→ WORK REQUEST
Take every line containing "unfolding" out of the records.
------------------------------------------------------------
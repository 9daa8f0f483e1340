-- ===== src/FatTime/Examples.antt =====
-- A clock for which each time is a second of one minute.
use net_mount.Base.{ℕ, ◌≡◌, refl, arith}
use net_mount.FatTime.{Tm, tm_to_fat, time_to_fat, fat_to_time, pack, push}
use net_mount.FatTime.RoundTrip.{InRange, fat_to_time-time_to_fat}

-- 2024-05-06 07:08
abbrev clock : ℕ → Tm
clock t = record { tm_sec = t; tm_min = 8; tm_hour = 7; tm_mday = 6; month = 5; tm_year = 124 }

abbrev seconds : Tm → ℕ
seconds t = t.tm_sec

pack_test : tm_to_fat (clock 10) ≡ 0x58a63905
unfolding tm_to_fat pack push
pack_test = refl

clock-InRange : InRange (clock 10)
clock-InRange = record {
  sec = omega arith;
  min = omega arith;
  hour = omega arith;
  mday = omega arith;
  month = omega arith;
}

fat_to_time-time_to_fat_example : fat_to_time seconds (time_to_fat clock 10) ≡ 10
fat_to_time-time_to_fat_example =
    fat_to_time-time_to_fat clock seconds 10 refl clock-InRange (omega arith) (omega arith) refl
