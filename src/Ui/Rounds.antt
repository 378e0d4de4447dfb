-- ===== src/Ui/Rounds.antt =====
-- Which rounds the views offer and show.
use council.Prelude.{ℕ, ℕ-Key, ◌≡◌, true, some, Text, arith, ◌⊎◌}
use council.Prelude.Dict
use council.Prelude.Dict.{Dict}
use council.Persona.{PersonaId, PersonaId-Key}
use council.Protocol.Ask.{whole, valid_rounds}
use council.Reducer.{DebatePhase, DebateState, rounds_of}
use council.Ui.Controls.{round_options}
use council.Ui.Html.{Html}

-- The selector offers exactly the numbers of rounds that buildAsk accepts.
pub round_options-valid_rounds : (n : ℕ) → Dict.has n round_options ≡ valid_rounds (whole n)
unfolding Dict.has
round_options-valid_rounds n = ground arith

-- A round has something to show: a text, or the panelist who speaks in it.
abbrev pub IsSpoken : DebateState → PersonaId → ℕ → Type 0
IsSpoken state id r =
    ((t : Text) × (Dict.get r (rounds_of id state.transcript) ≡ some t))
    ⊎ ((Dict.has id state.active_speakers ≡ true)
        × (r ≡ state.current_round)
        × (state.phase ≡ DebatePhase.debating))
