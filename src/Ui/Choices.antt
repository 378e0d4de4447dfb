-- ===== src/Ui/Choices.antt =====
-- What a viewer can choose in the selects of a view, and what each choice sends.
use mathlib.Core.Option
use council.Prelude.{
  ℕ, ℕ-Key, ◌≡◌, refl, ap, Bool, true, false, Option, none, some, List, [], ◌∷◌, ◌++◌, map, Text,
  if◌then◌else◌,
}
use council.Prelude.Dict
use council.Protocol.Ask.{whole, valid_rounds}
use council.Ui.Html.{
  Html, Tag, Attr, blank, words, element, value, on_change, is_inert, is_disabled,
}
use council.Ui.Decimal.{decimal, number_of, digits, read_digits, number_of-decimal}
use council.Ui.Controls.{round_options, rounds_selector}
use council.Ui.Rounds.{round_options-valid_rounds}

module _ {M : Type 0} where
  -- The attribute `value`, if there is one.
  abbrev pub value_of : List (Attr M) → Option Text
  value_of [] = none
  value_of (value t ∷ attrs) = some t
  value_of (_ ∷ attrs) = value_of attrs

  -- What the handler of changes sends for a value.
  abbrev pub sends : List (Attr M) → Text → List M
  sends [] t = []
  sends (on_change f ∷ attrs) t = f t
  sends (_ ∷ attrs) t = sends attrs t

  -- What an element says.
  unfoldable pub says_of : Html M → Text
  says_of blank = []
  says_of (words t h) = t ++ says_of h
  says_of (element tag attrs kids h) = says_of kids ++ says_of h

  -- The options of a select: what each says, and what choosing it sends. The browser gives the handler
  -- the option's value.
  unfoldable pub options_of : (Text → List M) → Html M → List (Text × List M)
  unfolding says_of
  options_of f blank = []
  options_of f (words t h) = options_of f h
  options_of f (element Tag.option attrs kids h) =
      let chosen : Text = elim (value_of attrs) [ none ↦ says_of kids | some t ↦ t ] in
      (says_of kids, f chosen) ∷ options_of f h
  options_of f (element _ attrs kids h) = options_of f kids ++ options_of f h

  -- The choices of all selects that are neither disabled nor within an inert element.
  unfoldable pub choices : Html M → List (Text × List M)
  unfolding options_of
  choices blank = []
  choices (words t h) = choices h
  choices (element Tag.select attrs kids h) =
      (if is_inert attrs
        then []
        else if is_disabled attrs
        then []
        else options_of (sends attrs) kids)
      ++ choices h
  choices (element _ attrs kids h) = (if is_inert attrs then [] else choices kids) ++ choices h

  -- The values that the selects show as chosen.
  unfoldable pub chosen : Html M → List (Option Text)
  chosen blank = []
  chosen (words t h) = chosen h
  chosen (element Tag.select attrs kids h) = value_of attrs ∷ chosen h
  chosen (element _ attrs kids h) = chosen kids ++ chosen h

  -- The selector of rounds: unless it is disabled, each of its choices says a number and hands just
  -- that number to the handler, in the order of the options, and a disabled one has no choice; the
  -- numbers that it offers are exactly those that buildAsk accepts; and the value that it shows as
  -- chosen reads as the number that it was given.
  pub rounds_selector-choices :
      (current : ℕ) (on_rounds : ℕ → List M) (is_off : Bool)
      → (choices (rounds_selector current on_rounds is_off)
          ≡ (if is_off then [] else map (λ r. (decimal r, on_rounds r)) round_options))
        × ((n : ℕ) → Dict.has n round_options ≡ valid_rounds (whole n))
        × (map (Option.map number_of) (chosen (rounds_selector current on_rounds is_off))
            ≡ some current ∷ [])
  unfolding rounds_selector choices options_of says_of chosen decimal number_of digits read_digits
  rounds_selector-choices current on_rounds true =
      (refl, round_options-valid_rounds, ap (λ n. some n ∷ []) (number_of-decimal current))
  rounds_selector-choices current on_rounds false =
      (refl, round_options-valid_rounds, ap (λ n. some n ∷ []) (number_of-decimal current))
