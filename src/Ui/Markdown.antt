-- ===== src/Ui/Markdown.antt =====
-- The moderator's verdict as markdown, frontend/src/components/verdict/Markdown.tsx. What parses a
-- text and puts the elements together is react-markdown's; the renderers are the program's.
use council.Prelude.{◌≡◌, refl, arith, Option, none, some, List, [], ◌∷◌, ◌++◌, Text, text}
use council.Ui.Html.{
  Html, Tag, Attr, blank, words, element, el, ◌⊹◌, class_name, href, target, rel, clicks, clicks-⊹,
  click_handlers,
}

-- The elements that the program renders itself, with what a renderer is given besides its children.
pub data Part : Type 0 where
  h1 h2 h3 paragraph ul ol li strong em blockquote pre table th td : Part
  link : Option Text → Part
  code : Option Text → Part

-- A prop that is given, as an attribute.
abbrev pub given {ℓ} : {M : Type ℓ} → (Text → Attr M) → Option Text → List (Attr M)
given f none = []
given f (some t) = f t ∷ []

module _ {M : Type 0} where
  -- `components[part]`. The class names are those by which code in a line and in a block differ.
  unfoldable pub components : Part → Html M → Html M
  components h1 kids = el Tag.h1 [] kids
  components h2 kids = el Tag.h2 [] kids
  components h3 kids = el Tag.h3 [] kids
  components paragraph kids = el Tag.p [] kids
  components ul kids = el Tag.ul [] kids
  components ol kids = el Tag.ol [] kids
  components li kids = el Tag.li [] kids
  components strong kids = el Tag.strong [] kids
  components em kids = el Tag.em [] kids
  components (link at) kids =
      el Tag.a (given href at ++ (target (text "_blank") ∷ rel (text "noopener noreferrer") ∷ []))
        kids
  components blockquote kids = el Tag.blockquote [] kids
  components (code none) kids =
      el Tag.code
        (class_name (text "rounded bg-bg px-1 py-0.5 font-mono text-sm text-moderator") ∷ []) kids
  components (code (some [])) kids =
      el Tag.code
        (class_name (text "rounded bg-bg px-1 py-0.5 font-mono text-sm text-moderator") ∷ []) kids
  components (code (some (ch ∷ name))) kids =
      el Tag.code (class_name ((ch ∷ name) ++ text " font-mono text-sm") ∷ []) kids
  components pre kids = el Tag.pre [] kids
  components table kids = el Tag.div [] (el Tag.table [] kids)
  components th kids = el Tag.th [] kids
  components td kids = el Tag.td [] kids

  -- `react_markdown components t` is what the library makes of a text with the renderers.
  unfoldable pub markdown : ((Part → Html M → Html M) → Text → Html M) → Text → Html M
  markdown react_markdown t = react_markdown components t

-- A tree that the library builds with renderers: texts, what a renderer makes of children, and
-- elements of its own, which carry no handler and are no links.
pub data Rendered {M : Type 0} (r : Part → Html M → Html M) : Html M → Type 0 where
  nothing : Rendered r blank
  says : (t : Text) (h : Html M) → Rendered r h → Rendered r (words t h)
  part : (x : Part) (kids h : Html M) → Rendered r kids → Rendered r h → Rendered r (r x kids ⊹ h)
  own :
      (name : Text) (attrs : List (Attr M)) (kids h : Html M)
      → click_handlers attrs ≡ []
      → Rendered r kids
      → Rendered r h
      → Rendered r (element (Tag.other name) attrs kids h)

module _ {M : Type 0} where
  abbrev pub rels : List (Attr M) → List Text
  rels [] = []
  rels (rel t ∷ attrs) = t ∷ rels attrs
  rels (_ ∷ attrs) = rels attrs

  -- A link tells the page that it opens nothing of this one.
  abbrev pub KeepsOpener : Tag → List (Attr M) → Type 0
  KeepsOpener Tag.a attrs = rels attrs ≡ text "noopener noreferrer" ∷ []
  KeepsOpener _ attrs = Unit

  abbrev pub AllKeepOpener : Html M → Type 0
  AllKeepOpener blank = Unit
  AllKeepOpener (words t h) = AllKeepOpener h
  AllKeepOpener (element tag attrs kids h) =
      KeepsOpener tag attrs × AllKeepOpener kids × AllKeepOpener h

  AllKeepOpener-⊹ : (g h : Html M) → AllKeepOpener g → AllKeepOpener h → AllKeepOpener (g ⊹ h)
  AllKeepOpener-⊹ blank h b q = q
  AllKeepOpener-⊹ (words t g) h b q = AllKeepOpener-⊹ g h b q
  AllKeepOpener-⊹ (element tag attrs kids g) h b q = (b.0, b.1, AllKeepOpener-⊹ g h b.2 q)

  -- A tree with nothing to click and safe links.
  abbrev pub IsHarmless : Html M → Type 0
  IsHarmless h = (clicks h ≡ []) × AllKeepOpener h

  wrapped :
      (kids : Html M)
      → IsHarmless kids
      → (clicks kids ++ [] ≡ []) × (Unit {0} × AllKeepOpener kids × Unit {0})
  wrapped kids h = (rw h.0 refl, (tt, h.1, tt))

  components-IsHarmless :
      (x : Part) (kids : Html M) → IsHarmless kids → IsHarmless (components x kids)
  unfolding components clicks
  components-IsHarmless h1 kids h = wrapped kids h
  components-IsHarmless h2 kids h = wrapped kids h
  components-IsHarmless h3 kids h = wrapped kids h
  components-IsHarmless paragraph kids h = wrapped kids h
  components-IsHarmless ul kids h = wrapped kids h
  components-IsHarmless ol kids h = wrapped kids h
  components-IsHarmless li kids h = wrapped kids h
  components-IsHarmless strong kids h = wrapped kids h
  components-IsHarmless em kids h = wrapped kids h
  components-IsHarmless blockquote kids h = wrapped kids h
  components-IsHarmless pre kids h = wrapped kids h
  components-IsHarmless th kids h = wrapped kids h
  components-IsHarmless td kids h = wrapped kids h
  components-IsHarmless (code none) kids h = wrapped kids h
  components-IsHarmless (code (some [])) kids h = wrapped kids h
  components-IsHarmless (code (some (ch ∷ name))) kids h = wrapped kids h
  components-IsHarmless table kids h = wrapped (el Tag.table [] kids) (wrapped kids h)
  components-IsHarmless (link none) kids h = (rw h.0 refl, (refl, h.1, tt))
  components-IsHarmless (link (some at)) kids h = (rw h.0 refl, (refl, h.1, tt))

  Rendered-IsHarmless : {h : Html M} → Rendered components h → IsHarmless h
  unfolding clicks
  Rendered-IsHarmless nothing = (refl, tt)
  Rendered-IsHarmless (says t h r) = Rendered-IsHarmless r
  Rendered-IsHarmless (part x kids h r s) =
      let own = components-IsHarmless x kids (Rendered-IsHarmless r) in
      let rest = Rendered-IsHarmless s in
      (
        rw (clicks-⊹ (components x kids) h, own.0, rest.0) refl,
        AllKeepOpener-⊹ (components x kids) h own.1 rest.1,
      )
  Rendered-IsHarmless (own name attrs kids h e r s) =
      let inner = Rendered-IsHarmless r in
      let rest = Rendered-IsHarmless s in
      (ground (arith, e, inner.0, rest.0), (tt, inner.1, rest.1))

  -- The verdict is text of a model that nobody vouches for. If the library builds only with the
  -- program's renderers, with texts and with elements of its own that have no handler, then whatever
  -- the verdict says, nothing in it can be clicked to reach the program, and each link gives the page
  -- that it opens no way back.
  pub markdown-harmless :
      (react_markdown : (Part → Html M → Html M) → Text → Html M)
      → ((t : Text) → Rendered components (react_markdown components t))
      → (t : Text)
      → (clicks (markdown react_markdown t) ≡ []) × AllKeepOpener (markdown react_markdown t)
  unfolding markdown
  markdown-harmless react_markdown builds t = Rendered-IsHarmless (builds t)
------------------------------------------------------------
→ RESPONSE
unfolding tm_to_fat pack push
unfolding Dict.has
  unfolding says_of
  unfolding options_of
  unfolding rounds_selector choices options_of says_of chosen decimal number_of digits read_digits
  unfolding components clicks
  unfolding clicks
  unfolding markdown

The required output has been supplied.